Learnings: Where do I start? This section was both interesting and frustrating. I also began to doubt my choice of dataset. I was frustrated trying to identify a possible distribution fit to apply to the data and possibly spent too much time on this at the expense of using my time more productively on generating a synthetic dataset. I did however gain valuable insight into distplot formatting using “kws” and using SciPy stats. I also learned how to combine Seaborn boxplots and stripplots.

Topics: heatmaps, Perason’s correlation method, stripplots, Gumbel distribution, Scipy.


6.0 Flight Status: This section follows the same approach as I took in section 5 ut looks at flight status instead of the reasons for delay. By flight status I mean, flights diverted, canceled and on time.

Learnings: Same as section 5.

Topics: distplots, stripplots, Gumbel distribution, Scipy.


7.0 Simulation: This is where I generate the synthetic data using the distributions identified in the previous sections. We could only do this using the numpy.random.package. As well as generating the random data for the variables, I also had to create columns for totals.

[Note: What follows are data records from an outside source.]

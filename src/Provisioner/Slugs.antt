-- ===== src/Provisioner/Slugs.antt =====
-- provisioner.go: `retiredSlug`, which frees a machine's slug when it is retired.
use reach.Base.{
  ℕ, zero, suc, ◌+◌, ◌≤◌, ◌<◌, ◌≡◌, refl, ◌∙◌, ◌⊎◌, inl, inr, Bool, true, false, not, ◌&&◌, List,
  [], ◌∷◌, ◌++◌, Option, none, some, arith, ltb, if◌then◌else◌, length, take, any, all, Text, codes,
  same, trim_byte, Bool-cases, length-append, all-append, all-take, length-take-le,
}
use reach.Base.Result.{Result, ok, err}
use reach.Model.{Machine}
use reach.Security.Slug.{normalize_slug, valid_slug, is_alnum, is_slug_byte, starts_by, ends_by}
use reach.Security.Slug.Normal.{normalize_slug-front, starts-any, starts-take}
use reach.Security.Slug.Trimming.{trim_byte-IsTidy, length-trim_byte-le}

abbrev pub suffix_len : ℕ
suffix_len = 10 + 8

abbrev pub cut_base : Text → Text
cut_base base = if ltb 14 (length base) then trim_byte b'-' (take 14 base) else base

-- `base`, once it is cut to leave room for the suffix.
unfoldable pub retired_base : Text → Text
unfolding normalize_slug trim_byte
retired_base original =
    let base = cut_base (normalize_slug original) in
    if ltb (length base) 3 then codes "box" else base

abbrev pub candidate : Text → Text → Text
candidate base short = base ++ (codes "--retired-" ++ short)

-- `SELECT id FROM machines WHERE slug=? AND id<>?` finds a row.
abbrev pub slug_held : Text → Text → List Machine → Bool
slug_held slug id = any (λ m. same m.slug slug && not (same m.id id))

pub data SlugError : Type 0 where
  no_random exhausted : SlugError

-- The loop of at most 20 rounds; the i-th round draws `shorts i`.
unfoldable pub retired_slug_loop :
    (ℕ → Option Text) → List Machine → Text → Text → ℕ → ℕ → Result SlugError Text
unfolding valid_slug
retired_slug_loop shorts machines base id zero i = err exhausted
retired_slug_loop shorts machines base id (suc n) i =
    let again = retired_slug_loop shorts machines base id n (i + 1) in
    elim (shorts i) [
      | none ↦ err no_random
      | some short ↦
          if valid_slug (candidate base short) && not (slug_held (candidate base short) id machines)
          then ok (candidate base short)
          else again
    ]

unfoldable pub retired_slug : (ℕ → Option Text) → List Machine → Text → Text → Result SlugError Text
unfolding retired_slug_loop retired_base
retired_slug shorts machines original id =
    retired_slug_loop shorts machines (retired_base original) id 20 0

-- What `RandomShortID` returns: eight letters or digits.
pub record IsShort (short : Text) : Type 0 where
  pub eight : length short ≡ 8
  pub bytes : all is_alnum short ≡ true

abbrev pub GivesShorts : (ℕ → Option Text) → Type 0
GivesShorts shorts = (i : ℕ) → (short : Text) × (shorts i ≡ some short) × IsShort short

-- A text that can stand in front of the suffix.
pub record IsBase (s : Text) : Type 0 where
  bytes : all is_slug_byte s ≡ true
  front : starts_by is_alnum s ≡ true
  room : length s ≤ 14

cut_base-IsBase :
    (s : Text) → all is_slug_byte s ≡ true → starts_by is_alnum s ≡ true → IsBase (cut_base s)
cut_base-IsBase s h g = elim (Bool-cases (ltb 14 (length s))) [
  | inl long ↦
      let tidy = trim_byte-IsTidy (take 14 s) (record {
        bytes = all-take is_slug_byte 14 s h;
        named = starts-any (take 14 s) (starts-take 13 s g);
      }) in
      rw long (record {
        bytes = tidy.bytes;
        front = tidy.front;
        room = omega (arith, length-trim_byte-le (take 14 s), length-take-le 14 s);
      })
  | inr fits ↦ rw fits (record { bytes = h; front = g; room = ground arith })
]

box-IsBase : IsBase (codes "box")
unfolding is_alnum
box-IsBase = record { bytes = refl; front = refl; room = omega arith }

pub retired_base-IsBase : (original : Text) → IsBase (retired_base original)
unfolding retired_base
retired_base-IsBase original =
    let (bytes, front) = normalize_slug-front original in
    let cut = cut_base-IsBase (normalize_slug original) bytes front in
    elim (Bool-cases (ltb (length (cut_base (normalize_slug original))) 3)) [
      | inl small ↦ rw small box-IsBase
      | inr large ↦ rw large cut
    ]

ends-append :
    (p : ℕ → Bool) (xs : Text) (y : ℕ) (ys : Text) → ends_by p (xs ++ y ∷ ys) ≡ ends_by p (y ∷ ys)
ends-append p [] y ys = refl
ends-append p (x ∷ []) y ys = refl
ends-append p (x ∷ x' ∷ xs) y ys = ends-append p (x' ∷ xs) y ys

starts-append :
    (p : ℕ → Bool) (xs ys : Text) → starts_by p xs ≡ true → starts_by p (xs ++ ys) ≡ true
starts-append p [] ys h = cc
starts-append p (x ∷ xs) ys h = h

alnum-slug : (s : Text) → all is_alnum s ≡ true → all is_slug_byte s ≡ true
alnum-slug [] h = refl
alnum-slug (c ∷ s) h = ground (arith, alnum-slug s)

alnum-ends : (c : ℕ) (s : Text) → all is_alnum (c ∷ s) ≡ true → ends_by is_alnum (c ∷ s) ≡ true
alnum-ends c [] h = ground arith
alnum-ends c (d ∷ s) h = ground (arith, alnum-ends d s)

suffix_front : all is_slug_byte (codes "--retired-") ≡ true
unfolding is_alnum
suffix_front = refl

candidate_ends :
    (base : Text) (short : Text) → IsShort short → ends_by is_alnum (candidate base short) ≡ true
candidate_ends base [] h = absurd (omega (arith, h.eight))
candidate_ends base (c ∷ s) h =
    ends-append is_alnum base b'-' (codes "-retired-" ++ c ∷ s)
    ∙ ends-append is_alnum (codes "--retired-") c s
    ∙ alnum-ends c s h.bytes

-- Every candidate is a slug, so that the loop never skips a round for its form.
pub candidate_valid :
    (base short : Text) → IsBase base → IsShort short → valid_slug (candidate base short) ≡ true
unfolding valid_slug
candidate_valid base short b h = ground (
  arith,
  length-append base (codes "--retired-" ++ short),
  length-append (codes "--retired-") short,
  all-append is_slug_byte base (codes "--retired-" ++ short),
  all-append is_slug_byte (codes "--retired-") short,
  suffix_front,
  alnum-slug short h.bytes,
  starts-append is_alnum base (codes "--retired-" ++ short) b.front,
  candidate_ends base short h,
  h.eight,
  b.room,
  b.bytes,
)

-- The outcome of the loop from its i-th round on, with n rounds left.
abbrev pub SlugSpec :
    (ℕ → Option Text) → List Machine → Text → Text → ℕ → ℕ → Result SlugError Text → Type 0
SlugSpec shorts machines base id n i (ok slug) =
    (valid_slug slug ≡ true) × (slug_held slug id machines ≡ false)
SlugSpec shorts machines base id n i (err exhausted) =
    (j : ℕ)
    → i ≤ j
    → j < i + n
    → (short : Text) × (shorts j ≡ some short)
      × (slug_held (candidate base short) id machines ≡ true)
SlugSpec shorts machines base id n i (err no_random) = ⊥

split_round : {i j : ℕ} → i ≤ j → (i ≡ j) ⊎ (i + 1 ≤ j)
split_round h = omega arith

SlugSpec-later :
    (shorts : ℕ → Option Text) (machines : List Machine) (base id : Text) (n i : ℕ) (short : Text)
    (r : Result SlugError Text)
    → shorts i ≡ some short
    → slug_held (candidate base short) id machines ≡ true
    → SlugSpec shorts machines base id n (i + 1) r
    → SlugSpec shorts machines base id (suc n) i r
SlugSpec-later shorts machines base id n i short (ok slug) drawn held h = h
SlugSpec-later shorts machines base id n i short (err exhausted) drawn held h = λ j l u.
    elim (split_round l) [ inl e ↦ (short, rw (← e) drawn, held) | inr l' ↦ h j l' (omega arith) ]
SlugSpec-later shorts machines base id n i short (err no_random) drawn held h = h

retired_slug_loop_lem :
    (shorts : ℕ → Option Text) (machines : List Machine) (base id : Text) (n i : ℕ)
    → GivesShorts shorts
    → IsBase base
    → SlugSpec shorts machines base id n i (retired_slug_loop shorts machines base id n i)
unfolding retired_slug_loop
retired_slug_loop_lem shorts machines base id zero i gives b = λ j l u. absurd (omega arith)
retired_slug_loop_lem shorts machines base id (suc n) i gives b =
    let (short, drawn, is_short) = gives i in
    let valid = candidate_valid base short b is_short in
    elim (Bool-cases (slug_held (candidate base short) id machines)) [
      | inl held ↦
          rw (drawn, retired_slug_loop)
            (rw (valid, held)
              (SlugSpec-later shorts machines base id n i short _ drawn held
                (retired_slug_loop_lem shorts machines base id n (i + 1) gives b)))
      | inr free ↦ rw (drawn, retired_slug_loop) (rw (valid, free) (valid, free))
    ]

-- Where random short names can be drawn, `retiredSlug` gives a slug that `ValidateSlug` accepts and
-- that no other machine has, whatever the original slug was; it gives up only where another machine
-- has the candidate of each of the 20 rounds.
pub retired_slug_lem :
    (shorts : ℕ → Option Text) (machines : List Machine) (original id : Text)
    → GivesShorts shorts
    → SlugSpec shorts machines
        (retired_base original)
        id
        20
        0
        (retired_slug shorts machines original id)
unfolding retired_slug
retired_slug_lem shorts machines original id gives =
    retired_slug_loop_lem shorts machines (retired_base original) id 20 0 gives
      (retired_base-IsBase original)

Learnings: I learned a lot from this section especially NumPy. Since I was trying to produce data closely aligned to the properties of my real-world phenomenon I ran into issues. Using the NumPy gumbel distribution did not allow setting a ceiling. Which meant it would generate more records than I wanted but would create the distribution I needed. It also generated negative numbers which I didn’t want but overcame using the “abs” function. I also learned how to output a dataframe to an excel file.

Topics: NumPy, Gumbel distribution, concatenation, index reset, export dataframe to excel.


8.0 Simulation Analysis: In this section I created two statistical summaries of the original and synthetic dataset as well as using df.info() to check that thae data types where the same and that I had no null values.


9.0 Comparison: Finally I produced scatterplots of each of the numeric variables to see how aligned they are and bar plots of total flights by year and month. I also displayed the simulated dataset in an output cell within the Jupyter notebook.

Learnings: Here I learned how to concatenate the two dataframes using "assign" so that I could compare the original and synthetic data against each other.


4. Conclusion

Overall I think I made a good attempt at creating a synthetic dataset for this project however I did make some errors along the way. I chose a real world phenomenon that could be measured and for which you could collect data points across at least four variables but I chose the wrong dataset in hindsight. In order to simulate the data I should have chosen a datset that recorded flights in a time series and had classification variables for each individual flight. If that was the case I could have used more functionality from the numpy.random.package. I could also have applied better distributions including poisson and binomial or exponential to detemine the outcome of each flight and aggregate the results. All in all it was an interesting project to work on and I definitely learned alot in developing the solution.